I have always been disorganised; the kind of person who would lose an important document, turn the house upside down searching, and eventually find it buried under a pile of dirty clothes on the bed. But I have fought hard to curb my natural instinct, and in the time leading up to the arrival of the kids, I turned into an optimisation fiend.
I adopted efficient systems of personal organisation. I installed shelves and sub-shelves inside cupboards, drawers, suitcases. Even weeks after neatly arranging a cabinet, I could, with my eyes shut, point you to the precise location of items inside. It took years of practice for me to fix my ways, and barely a few months for the kids to undo my hard work.
Soon after I painstakingly clean and reorganise the study, they come in to look for something.
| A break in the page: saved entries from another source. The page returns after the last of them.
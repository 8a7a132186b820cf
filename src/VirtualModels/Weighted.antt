-- ===== src/VirtualModels/Weighted.antt =====
-- The draw of the weighted strategy: each upstream owns an interval of the rolls as long as its
-- weight.
use omnillm.Prelude.{
  ℕ, zero, suc, ◌+◌, ◌-◌, ◌^◌, ◌≤◌, ◌<◌, ◌≡◌, some, List, [], ◌∷◌, ◌++◌, arith, Text, length, take,
  drop, get_elem?, front_at-some,
}
use omnillm.VirtualModels.Defs.{
  Upstream, weighted, RrState, effective_weight, weighted_index, draw_weighted, move_to_front,
  order_by, order_upstreams,
}
use omnillm.VirtualModels.Permutation.{weight_sum, total_weight_positive}

-- The loop from counter `i` finds the upstream at `j` exactly when the roll lies in its interval.
weighted_index_from :
    (us : List Upstream) (i j roll : ℕ) {u : Upstream}
    → get_elem? us j ≡ some u
    → weight_sum (take j us) ≤ roll
    → roll < weight_sum (take j us) + effective_weight u.weight
    → weighted_index i roll us ≡ some (i + j)
unfolding weighted_index weight_sum
weighted_index_from [] i j roll e l h = cc
weighted_index_from (v ∷ us) i zero roll e l h = ground arith
weighted_index_from (v ∷ us) i (suc j) roll {u} e l h =
    ground (arith, weighted_index_from us (suc i) j (roll - effective_weight v.weight) {u = u} e)

get_elem?-lt {ℓ} :
    {A : Type ℓ} (us : List A) (j : ℕ) {u : A} → get_elem? us j ≡ some u → j < length us
get_elem?-lt [] j e = cc
get_elem?-lt (v ∷ us) zero e = omega arith
get_elem?-lt (v ∷ us) (suc j) e = omega (arith, get_elem?-lt us j e)

move_to_front-some :
    (us : List Upstream) (j : ℕ) {u : Upstream}
    → get_elem? us j ≡ some u
    → move_to_front us j ≡ u ∷ (take j us ++ drop (suc j) us)
unfolding move_to_front
move_to_front-some [] j e = cc
move_to_front-some (v ∷ us) zero e = ground arith
move_to_front-some (v ∷ us) (suc j) e =
    ground (arith, get_elem?-lt us j e, front_at-some (suc j) (v ∷ us) e)

-- The weighted strategy: if the weights (each at least 1) sum to less than 2 ^ 63 and the number
-- drawn below that sum is among the `weight u` numbers behind the weights of the upstreams before
-- `u`, then `u` goes first and the others keep their order.
pub order_upstreams-weighted :
    (intn : ℕ → ℕ) (us : List Upstream) (vm : Text) (rr : RrState) (j : ℕ) {u : Upstream}
    → weight_sum us < 2 ^ 63
    → get_elem? us j ≡ some u
    → weight_sum (take j us) ≤ intn (weight_sum us)
    → intn (weight_sum us) < weight_sum (take j us) + effective_weight u.weight
    → (order_upstreams intn us weighted vm rr).0 ≡ some (u ∷ (take j us ++ drop (suc j) us))
unfolding order_upstreams order_by draw_weighted
order_upstreams-weighted intn [] vm rr j b e l h = cc
order_upstreams-weighted intn (v ∷ us) vm rr j {u} b e l h =
    let (exact, positive) = total_weight_positive v us b in
    rw (exact, positive)
      (ground (
        arith,
        weighted_index_from (v ∷ us) 0 j (intn (weight_sum (v ∷ us))) {u = u} e l h,
        move_to_front-some (v ∷ us) j {u = u} e,
      ))
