-- ===== src/VirtualModels.antt =====
-- Load balancing over the upstreams of a virtual model:
-- internal/lib/virtualmodelrouting/virtualmodelrouting.go, with the record and the strategy names
-- of internal/database/types.go. The package state `rrState` is passed in and out. A Go `int` that
-- may wrap is held as its 64 bits. `intn` stands for `rand.IntN`; its panic on an argument that is
-- not positive is the result `none`.
pub mod Defs
mod Permutation
mod RoundRobin
mod Weighted
unfoldable pub use Permutation.*
unfoldable pub use RoundRobin.*
pub use Weighted.*
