-- ===== src/Routing/Coverage.antt =====
-- What the attempts for a requested model cover.
use mathlib.Core.List.Perm
use omnillm.Prelude.{
  ℕ, ◌≡◌, refl, inl, inr, false, not, Option, none, some, List, [], ◌∷◌, Text, text_eq, Perm, map,
  if_cases, Option-cases, front_at-perm,
}
use omnillm.Routing.References.{Reference, instance_of, ambiguous, not_found}
use omnillm.Routing.Resolution.{
  VirtualModel, Catalog, ResolvedAttempt, Resolved, attempts, ambiguous_reference, panicked,
  plain_attempt, upstream_attempt_at, upstream_attempt, upstream_attempts, append_fallback,
  append_provider_prefix_fallback, requested_virtual_model, ordered_attempts, resolve_with,
  resolve_requested_models, affinity_index, prefer_affinity_attempt,
}
use omnillm.VirtualModels.Defs.{Upstream, RrState}

-- There is a first attempt, and it is tried in any case.
abbrev pub HasFirst : Resolved → Type 0
HasFirst (attempts tries) =
    (a : ResolvedAttempt) × (rest : List ResolvedAttempt) × (tries ≡ a ∷ rest)
    × (a.only_if_previous_unavailable ≡ false)
HasFirst (ambiguous_reference r ids) = Unit
HasFirst panicked = Unit

append_fallback-HasFirst :
    (m bare : Text) (r : Reference) → HasFirst (append_fallback (plain_attempt m ∷ []) bare r)
unfolding append_fallback
append_fallback-HasFirst m bare (instance_of id) =
    if_cases HasFirst (text_eq bare []) _ _ (λ _. (plain_attempt m, _, refl, refl))
      (λ _. (plain_attempt m, _, refl, refl))
append_fallback-HasFirst m bare (ambiguous r ids) =
    if_cases HasFirst (text_eq bare []) _ _ (λ _. (plain_attempt m, _, refl, refl)) (λ _. tt)
append_fallback-HasFirst m bare (not_found r) = (plain_attempt m, _, refl, refl)

fallback-HasFirst :
    (c : Catalog) (m : Text) → HasFirst (append_provider_prefix_fallback c (plain_attempt m ∷ []) m)
unfolding append_provider_prefix_fallback
fallback-HasFirst c m = append_fallback-HasFirst m _ _

upstream_attempt_at-first :
    (u : Upstream) (o : Option Text)
    → (upstream_attempt_at u o).only_if_previous_unavailable ≡ false
unfolding upstream_attempt_at
upstream_attempt_at-first u none = refl
upstream_attempt_at-first u (some id) = refl

ordered_attempts-HasFirst :
    (c : Catalog) (m : Text) (o : Option (List Upstream)) → HasFirst (ordered_attempts c m o)
unfolding ordered_attempts
ordered_attempts-HasFirst c m none = tt
ordered_attempts-HasFirst c m (some []) = (plain_attempt m, [], refl, refl)
ordered_attempts-HasFirst c m (some (u ∷ us)) =
    (upstream_attempt c u, upstream_attempts c us, refl, upstream_attempt_at-first u _)

resolve_with-HasFirst :
    (c : Catalog) (intn : ℕ → ℕ) (m : Text) (rr : RrState) (vm : Option VirtualModel)
    → HasFirst (resolve_with c intn m rr vm).0
unfolding resolve_with
resolve_with-HasFirst c intn m rr none = fallback-HasFirst c m
resolve_with-HasFirst c intn m rr (some vm) =
    if_cases (λ (r : Resolved × RrState). HasFirst r.0) (not vm.enabled) _ _
      (λ _. fallback-HasFirst c m) (λ _. ordered_attempts-HasFirst c m _)

-- Whatever the catalog holds, if a name resolves to attempts then there is at least one, and the
-- first is not conditional on another.
pub resolve_requested_models-HasFirst :
    (c : Catalog) (intn : ℕ → ℕ) (requested_model : Text) (rr : RrState)
    → HasFirst (resolve_requested_models c intn requested_model rr).0
unfolding resolve_requested_models
resolve_requested_models-HasFirst c intn m rr =
    resolve_with-HasFirst c intn m rr (requested_virtual_model c m)

abbrev pub Covers : Catalog → List Upstream → Resolved → Type 0
Covers c us r =
    (tries : List ResolvedAttempt) × (r ≡ attempts tries) × Perm tries (map (upstream_attempt c) us)

-- The preference for a pinned instance only reorders the attempts.
pub prefer_affinity_attempt-perm :
    (pinned : Option Text) (tries : List ResolvedAttempt)
    → Perm (prefer_affinity_attempt pinned tries) tries
unfolding prefer_affinity_attempt
prefer_affinity_attempt-perm none tries = Perm.refl tries
prefer_affinity_attempt-perm (some i) [] = Perm.refl []
prefer_affinity_attempt-perm (some i) (a ∷ tries) = elim (Option-cases (affinity_index 1 i tries)) [
  | inl e ↦ rw (e, prefer_affinity_attempt) (Perm.refl (a ∷ tries))
  | inr (n, e) ↦ rw (e, prefer_affinity_attempt) (front_at-perm n (a ∷ tries))
]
They leave behind an assortment of items that do not belong there - hair-clips, crayons, sippy-cup - and steal things that do - bookmarks, coaster, stapler, tissue box. When I return, I cannot find most things. It’s as though I have landed in a village raided by bandits. I clear a patch of table for my laptop, and work amidst flimsy piles of random objects, because the alternative - to tidy up - seems pointless.
Personal hygiene is another frontier I have conquered only in my 30s. It was not easy to go from bathing on special occasions to, (in Tara’s words) ‘always smelling nice’, but we were both glad I made the switch. Parenthood has unfortunately triggered a dramatic backslide.
Its sudden onset meant that I lost control over about 70% of my day overnight. I notice now, as late as 9PM on some days, after we wrap up dinner and bedtime, that I have forgotten to shower; or that I have stuffed dirty clothes in my cupboard instead of the laundry basket because the cupboard was a few steps closer; or that I cannot remember when I last cut my toenails.
I have considered the reasons behind these regressions, and while laziness, giving up in the face of burnout, and a poor enforcement of boundaries are all factors at play, there is more to it.
Children are not expected to be too careful. It is normal for them to dirty the house, drag mud onto carpets, rub the odd booger on bedsheets, and drop food on themselves. They enter different rooms (especially the ones they have been asked not to) and leave behind some degree of chaos. This is a natural consequence of being curious and adventurous. Protecting their natural spirit is important, even though it comes at a cost to us as parents.
We do not love the state of our home, but to blindly prioritise a clean house over everything else would be excessive, and unfair to them. Creating a space for undirected play requires us to accept that the house will rarely be as clean as we’d like. This is a sensible approach, I think, but the lowering of the household’s cleanliness standards has rubbed off on me personally.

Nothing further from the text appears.